For Ten Months commodity prices have fallen steadily. Sharp declines in wholesale prices have been followed—at a less rapid rate—by reductions in living costs. One of the consequences of this development has been a sharp controversy over the relation of commodity price readjustments to the future course of wages, for if living costs should become stabilized at present or lower levels and wages remain unchanged, employees generally would receive substantial gains in real wages and in purchasing power.
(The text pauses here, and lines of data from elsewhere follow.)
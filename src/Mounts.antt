-- ===== src/Mounts.antt =====
-- internal/s3fs/mounted.go: `IsMounted` on the lines of /proc/self/mountinfo. internal/s3fs/mount.go:
-- the options that `Mount` gives to the FUSE library.
pub mod Escaped
pub mod Lines
use remote_s3_bucket_plugin.Table.{Text, text_eq, has_prefix}
use remote_s3_bucket_plugin.Config.Source.{space_width, is_empty, describe}
use remote_s3_bucket_plugin.Config.Settings.{Settings, max_read_ahead}
use remote_s3_bucket_plugin.Prelude.{
  ℕ, zero, suc, ◌-◌, Bool, false, not, ◌&&◌, ◌||◌, Option, none, some, List, [], ◌∷◌, ◌++◌, ltb,
  ◌==◌, if◌then◌else◌, codes, leb_ℤ, ℤ, pos,
}

-- The byte that the digits after a backslash stand for.
unfoldable pub escaped_byte : Text → Option ℕ
escaped_byte s =
    if has_prefix s (codes "040")
    then some 32
    else if has_prefix s (codes "011")
    then some 9
    else if has_prefix s (codes "012")
    then some 10
    else if has_prefix s (codes "134")
    then some 92
    else none

-- `skip` is how many digits of an escape are left.
unfoldable pub unescape_from : ℕ → Text → Text
unfolding escaped_byte
unescape_from skip [] = []
unescape_from (suc skip) (x ∷ s) = unescape_from skip s
unescape_from zero (x ∷ s) =
    let plain = x ∷ unescape_from 0 s in
    let digits = unescape_from 3 s in
    elim (if x == 92 then escaped_byte s else none) [ none ↦ plain | some b ↦ b ∷ digits ]

unfoldable pub unescape : Text → Text
unfolding unescape_from
unescape s = unescape_from 0 s

-- `strings.Fields`; `cur` is the field so far, and `skip` is how many bytes of a whitespace character
-- are left.
unfoldable pub fields_from : ℕ → Text → Text → List Text
unfolding space_width
fields_from skip cur [] = if is_empty cur then [] else cur ∷ []
fields_from (suc skip) cur (x ∷ s) = fields_from skip cur s
fields_from zero cur (x ∷ s) =
    let next = fields_from (space_width (x ∷ s) - 1) [] s in
    let more = fields_from 0 (cur ++ x ∷ []) s in
    if space_width (x ∷ s) == 0 then more else if is_empty cur then next else cur ∷ next

unfoldable pub fields : Text → List Text
unfolding fields_from
fields s = fields_from 0 [] s

-- The fifth field of a line, if it has one, is the mountpoint.
abbrev pub mountpoint_of : List Text → Option Text
mountpoint_of (_ ∷ _ ∷ _ ∷ _ ∷ mp ∷ _) = some mp
mountpoint_of _ = none

unfoldable pub names_path : Text → Option Text → Bool
unfolding unescape
names_path abs none = false
names_path abs (some mp) = text_eq (unescape mp) abs

unfoldable pub line_is : Text → Text → Bool
unfolding fields names_path
line_is abs line = names_path abs (mountpoint_of (fields line))

-- Whether a line of the table is for the path.
unfoldable pub is_mounted : Text → List Text → Bool
unfolding line_is
is_mounted abs [] = false
is_mounted abs (line ∷ lines) = let rest = is_mounted abs lines in line_is abs line || rest

-- What the FUSE library is told, but for the constants.
pub record KernelOptions : Type 0 where
  pub fs_name : Text
  pub entry_timeout : ℤ
  pub attr_timeout : ℤ
  pub negative_timeout : ℤ
  pub max_read_ahead : ℤ
  pub mount_options : List Text
  pub allow_other : Bool
  pub debug : Bool
  pub uid : ℕ
  pub gid : ℕ

abbrev pub lt_ℤ : ℤ → ℤ → Bool
lt_ℤ a b = not (leb_ℤ b a)

-- How long the kernel may hold on to an absent path.
unfoldable pub negative_ttl : Settings → ℤ
negative_ttl g =
    let bounded : ℤ =
      if lt_ℤ g.kernel_ttl g.negative_ttl && lt_ℤ (pos 0) g.kernel_ttl
      then g.kernel_ttl
      else g.negative_ttl in
    if g.exclusive then pos 0 else bounded

unfoldable pub kernel_options : Settings → KernelOptions
unfolding negative_ttl describe max_read_ahead
kernel_options g = record {
  fs_name = codes "s3disk#" ++ describe g.bucket g.prefix;
  entry_timeout = g.kernel_ttl;
  attr_timeout = g.kernel_ttl;
  negative_timeout = negative_ttl g;
  max_read_ahead =
      if ltb 0 (max_read_ahead g.readahead) then pos (max_read_ahead g.readahead) else g.readahead;
  mount_options = if g.read_only then codes "ro" ∷ [] else [];
  allow_other = g.allow_other;
  debug = g.fuse_debug;
  uid = g.uid;
  gid = g.gid;
}
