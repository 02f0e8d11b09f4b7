-- ===== src/Mounts/Escaped.antt =====
-- How the kernel writes the path of a mountpoint, and `unescape`.
use remote_s3_bucket_plugin.Table.{Text, has_prefix}
use remote_s3_bucket_plugin.Cache.Rows.{same_id}
use remote_s3_bucket_plugin.Mounts.{escaped_byte, unescape_from, unescape}
use remote_s3_bucket_plugin.Prelude.{
  ℕ, ◌≡◌, refl, sym, ap, ◌∙◌, inl, inr, false, [], ◌∷◌, ◌++◌, ◌==◌, if◌then◌else◌, Bool-cases,
  codes,
}

-- How the kernel writes a byte of a path: space, tab, line feed and backslash in octal.
unfoldable pub escape_byte : ℕ → Text
escape_byte x =
    if x == 32
    then codes "\\040"
    else if x == 9
    then codes "\\011"
    else if x == 10
    then codes "\\012"
    else if x == 92
    then codes "\\134"
    else x ∷ []

unfoldable pub escape : Text → Text
unfolding escape_byte
escape [] = []
escape (x ∷ s) = escape_byte x ++ escape s

unescape-plain :
    (x : ℕ) (s : Text) → (x == 92) ≡ false → unescape_from 0 (x ∷ s) ≡ x ∷ unescape_from 0 s
unfolding unescape_from
unescape-plain x s h = rw (h, unescape_from) refl

unescape-escape_byte :
    (x : ℕ) (s : Text) → unescape_from 0 (escape_byte x ++ s) ≡ x ∷ unescape_from 0 s
unfolding escape_byte unescape_from escaped_byte has_prefix
unescape-escape_byte x s = elim (Bool-cases (x == 32)) [
  | inl e ↦ rw e (ap (λ n. n ∷ unescape_from 0 s) (sym (same_id x 32 e)))
  | inr a ↦ elim (Bool-cases (x == 9)) [
    | inl e ↦ rw (a, e) (ap (λ n. n ∷ unescape_from 0 s) (sym (same_id x 9 e)))
    | inr b ↦ elim (Bool-cases (x == 10)) [
      | inl e ↦ rw (a, b, e) (ap (λ n. n ∷ unescape_from 0 s) (sym (same_id x 10 e)))
      | inr c ↦ elim (Bool-cases (x == 92)) [
        | inl e ↦ rw (a, b, c, e) (ap (λ n. n ∷ unescape_from 0 s) (sym (same_id x 92 e)))
        | inr d ↦ rw (a, b, c, d) (unescape-plain x s d)
      ]
    ]
  ]
]

pub unescape-escape : (s : Text) → unescape (escape s) ≡ s
unfolding unescape escape unescape_from
unescape-escape [] = refl
unescape-escape (x ∷ s) = unescape-escape_byte x (escape s) ∙ ap (λ t. x ∷ t) (unescape-escape s)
Opposition to wage reductions, at least in the immediate future, has been expressed recently by prominent business men who contend that wage cuts would reduce efficiency in production, would limit the markets for manufactured goods and other commodities, and thus would hamper the recovery of business activity. The soundness of this view is challenged by others who maintain that, to some extent at least, wages must share in a general readjustment of the prices of all goods and services. Downward wage readjustments have in the past attended periods of falling prices, although frequently the downward movement of wage rates has gone less far than that of prices, leaving wage-earners with a net gain in real wages.

The actual number of employees affected by wage cuts put into effect in recent months can not be determined because of the non-existence of sufficiently comprehensive statistical data, but reports of the federal Bureau of Labor Statistics and surveys by trade journals indicate that probably only a small proportion of the total number of industrial establishments have thus far made outright changes in wage rates. A majority of the reductions announced have been made in the textile, lumbering, and mining industries.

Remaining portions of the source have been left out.